Backwards compatibility
WCF takes all the capabilities of the existing technology stacks while not relying upon any of them.
Applications built with these earlier technologies will continue to work unchanged on systems with WCF installed.
Existing applications are able to upgrade with WCF
New WCF transacted application will work with existing transaction application built on System.Transactions
WCF & ASMX Integration
WCF can use WS-* or HTTP bindings to communicate with ASMX pages
Limitations of ASMX:
An ASMX page doesn’t tell you how to deliver it over the transports and to use a specific type of security. This is something that WCF enhances quite significantly.

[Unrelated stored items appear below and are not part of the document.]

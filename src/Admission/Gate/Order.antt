-- ===== src/Admission/Gate/Order.antt =====
-- Who gets a slot: the order of service, and what a request is told.
use kvmux.Prelude.{
  ℕ, ◌+◌, ◌-◌, ◌≤◌, ◌<◌, ◌≡◌, refl, ◌≢◌, ◌↔◌, ◌⊎◌, inl, inr, true, false, [], ◌∷◌, ◌++◌, arith,
  length,
}
use kvmux.Admission.Gate.{
  admitted, queue_full, GlobalGate, returned, waits, join, enter, erase_first, resume, World, start,
  wake, contains, Step, arrives, wakes, leaves, Reach,
}
use kvmux.Admission.Gate.Queue.{contains-ungranted, not_twice}
use kvmux.Admission.Gate.Invariant.{Inv, Reach-Inv}

-- What the arrival of a request may do.
pub data Arrival (g h : GlobalGate) : Type 0 where
  gets_slot :
      g.in_flight < g.max_concurrent
      → g.waiters ≡ []
      → h.waiters ≡ []
      → h.in_flight ≡ g.in_flight + 1
      → h.granted ≡ g.granted
      → Arrival g h
  turned_away :
      (g.waiters ≢ []) ⊎ (g.max_concurrent ≤ g.in_flight)
      → g.queue_depth ≤ length g.waiters
      → h ≡ g
      → Arrival g h
  joins :
      (i : ℕ)
      → (g.waiters ≢ []) ⊎ (g.max_concurrent ≤ g.in_flight)
      → length g.waiters < g.queue_depth
      → h.waiters ≡ g.waiters ++ i ∷ []
      → h.in_flight ≡ g.in_flight
      → h.granted i ≡ false
      → ((j : ℕ) → j ≢ i → h.granted j ≡ g.granted j)
      → Arrival g h

-- What the resumption of waiter `i` may do.
pub data Waking (i : ℕ) (g h : GlobalGate) : Type 0 where
  has_slot : g.granted i ≡ true → h ≡ g → Waking i g h
  gives_up :
      g.granted i ≡ false
      → h.waiters ≡ erase_first i g.waiters
      → h.in_flight ≡ g.in_flight
      → h.granted ≡ g.granted
      → Waking i g h

-- What the end of a ticket may do.
pub data Leaving (g h : GlobalGate) : Type 0 where
  hands_over :
      (i : ℕ)
      → g.waiters ≡ i ∷ h.waiters
      → h.in_flight ≡ g.in_flight
      → h.granted i ≡ true
      → ((j : ℕ) → j ≢ i → h.granted j ≡ g.granted j)
      → Leaving g h
  frees :
      g.waiters ≡ []
      → h.waiters ≡ []
      → h.in_flight ≡ g.in_flight - 1
      → h.granted ≡ g.granted
      → Leaving g h

-- A first-in first-out queue from which a waiter may also give up: what each step may do.
abbrev pub QueueMove : {w v : World} → Step w v → Type 0
QueueMove {w} {v} (arrives e) = Arrival w.gate v.gate
QueueMove {w} {v} (wakes i c e) = Waking i w.gate v.gate
QueueMove {w} {v} (leaves h e) = Leaving w.gate v.gate

-- The three ways through the first half of `acquire`, with the tests that lead there.
enter_cases :
    (g : GlobalGate)
    → ((enter g ≡ (record g { in_flight = g.in_flight + 1 }, returned admitted))
        × (g.waiters ≡ [])
        × (g.in_flight < g.max_concurrent))
      ⊎ ((enter g ≡ (g, returned queue_full))
          × ((g.waiters ≢ []) ⊎ (g.max_concurrent ≤ g.in_flight))
          × (g.queue_depth ≤ length g.waiters))
      ⊎ ((enter g ≡ (join g, waits g.next_waiter))
          × ((g.waiters ≢ []) ⊎ (g.max_concurrent ≤ g.in_flight))
          × (length g.waiters < g.queue_depth))
unfolding enter
enter_cases g = ground arith

-- What a newcomer is told, in a reachable world: it gets a slot at once exactly when a slot is free, it
-- is turned away only when every slot is taken and the queue is at its depth, and it never gets in
-- while someone waits.
pub enter_outcome :
    (ceiling depth : ℕ) {w : World}
    → Reach (start ceiling depth) w
    → (((enter w.gate).1 ≡ returned admitted) ↔ (w.gate.in_flight < ceiling))
      × ((enter w.gate).1 ≡ returned queue_full
          → (w.gate.in_flight ≡ ceiling) × (length w.gate.waiters ≡ depth))
      × (w.gate.waiters ≢ [] → (enter w.gate).1 ≢ returned admitted)
enter_outcome ceiling depth {w} r =
    let v = Reach-Inv ceiling depth r in
    elim (enter_cases w.gate) [
      | inl (e, idle, room) ↦
          rw e ((λ _. omega (arith, v.ceiling_is), λ _. refl), λ q. cc, λ h _. h idle)
      | inr (inl (e, shut, h)) ↦ rw e (
        (λ q. cc, λ room. absurd (busy v shut room)),
        λ _. (omega (arith, taken v shut), omega (arith, v.bounded, v.depth_is)),
        λ _ q. cc,
      )
      | inr (inr (e, shut, short)) ↦
          rw e ((λ q. cc, λ room. absurd (busy v shut room)), λ q. cc, λ _ q. cc)
    ]
  where
    taken :
        Inv ceiling depth w
        → (w.gate.waiters ≢ []) ⊎ (w.gate.max_concurrent ≤ w.gate.in_flight)
        → w.gate.in_flight ≡ ceiling
    taken v (inl h) = v.full h
    taken v (inr h) = omega (arith, v.within, v.ceiling_is)

    busy :
        Inv ceiling depth w
        → (w.gate.waiters ≢ []) ⊎ (w.gate.max_concurrent ≤ w.gate.in_flight)
        → w.gate.in_flight < ceiling
        → ⊥
    busy v shut room = omega (arith, taken v shut)

-- A coroutine that waits is told `Admitted` exactly when it has been granted a slot, even if its timer
-- ran out first. Told `QueueTimeout`, it was in the queue and is out of it, and the slots stay.
pub wake_outcome :
    (ceiling depth : ℕ) {w : World} (i : ℕ)
    → Reach (start ceiling depth) w
    → contains i w.suspended ≡ true
    → ((w.gate.granted i ≡ true)
        × ((wake w i).holders ≡ w.holders + 1)
        × ((wake w i).gate ≡ w.gate))
      ⊎ ((w.gate.granted i ≡ false)
          × ((wake w i).holders ≡ w.holders)
          × ((wake w i).gate.in_flight ≡ w.gate.in_flight)
          × (contains i w.gate.waiters ≡ true)
          × (contains i (wake w i).gate.waiters ≡ false))
unfolding wake resume
wake_outcome ceiling depth {w} i r c =
    let v = Reach-Inv ceiling depth r in
    ground (
      arith,
      contains-ungranted w.gate.granted i w.suspended c,
      not_twice w.gate.granted i 0 w.gate.next_waiter w.suspended v.ascends,
    )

ASMX has a tight coupling with the HTTP runtime and the dependence on IIS to host it. WCF can be hosted by any Windows process that is able to host the .NET Framework 3.0.
ASMX service is instantiated on a per-call basis, while WCF gives you flexibility by providing various instancing options such as Singleton, private session, per call.
ASMX provides the way for interoperability but it does not provide or guarantee end-to-end security or reliable communication.
WCF is far wider in scope than ASP.Net webservices.
WCF can run in any application. APS.Net webservices only run in IIS.
WCF supports models like ReST, Remoting, SOAP, MSMQ etc. ASP.Net only supports SOAP
WCF is more configurable.
WCF supports a more declarative way of programming. You can get more done with less code.
ASP.NET Web Services are pretty much just that. Web Services. They're SOAP/WSDL based and provide their services only to the web.
WCF Services offer a much more flexible framework. For instance, depending on how the service is defined, it can be a Web Service hosted in IIS which serialized its data via XML and uses the REST model...or it can be a Remote Windows Service that is hosted in it's own process and serializes its data via binary. All of this is achieved using the different Service/Data contracts in WCF.
In short...you can make a WCF service look almost identical to a .NET 2.0 Web Service fairly easily but, with a little work, you can do a WHOLE LOT MORE.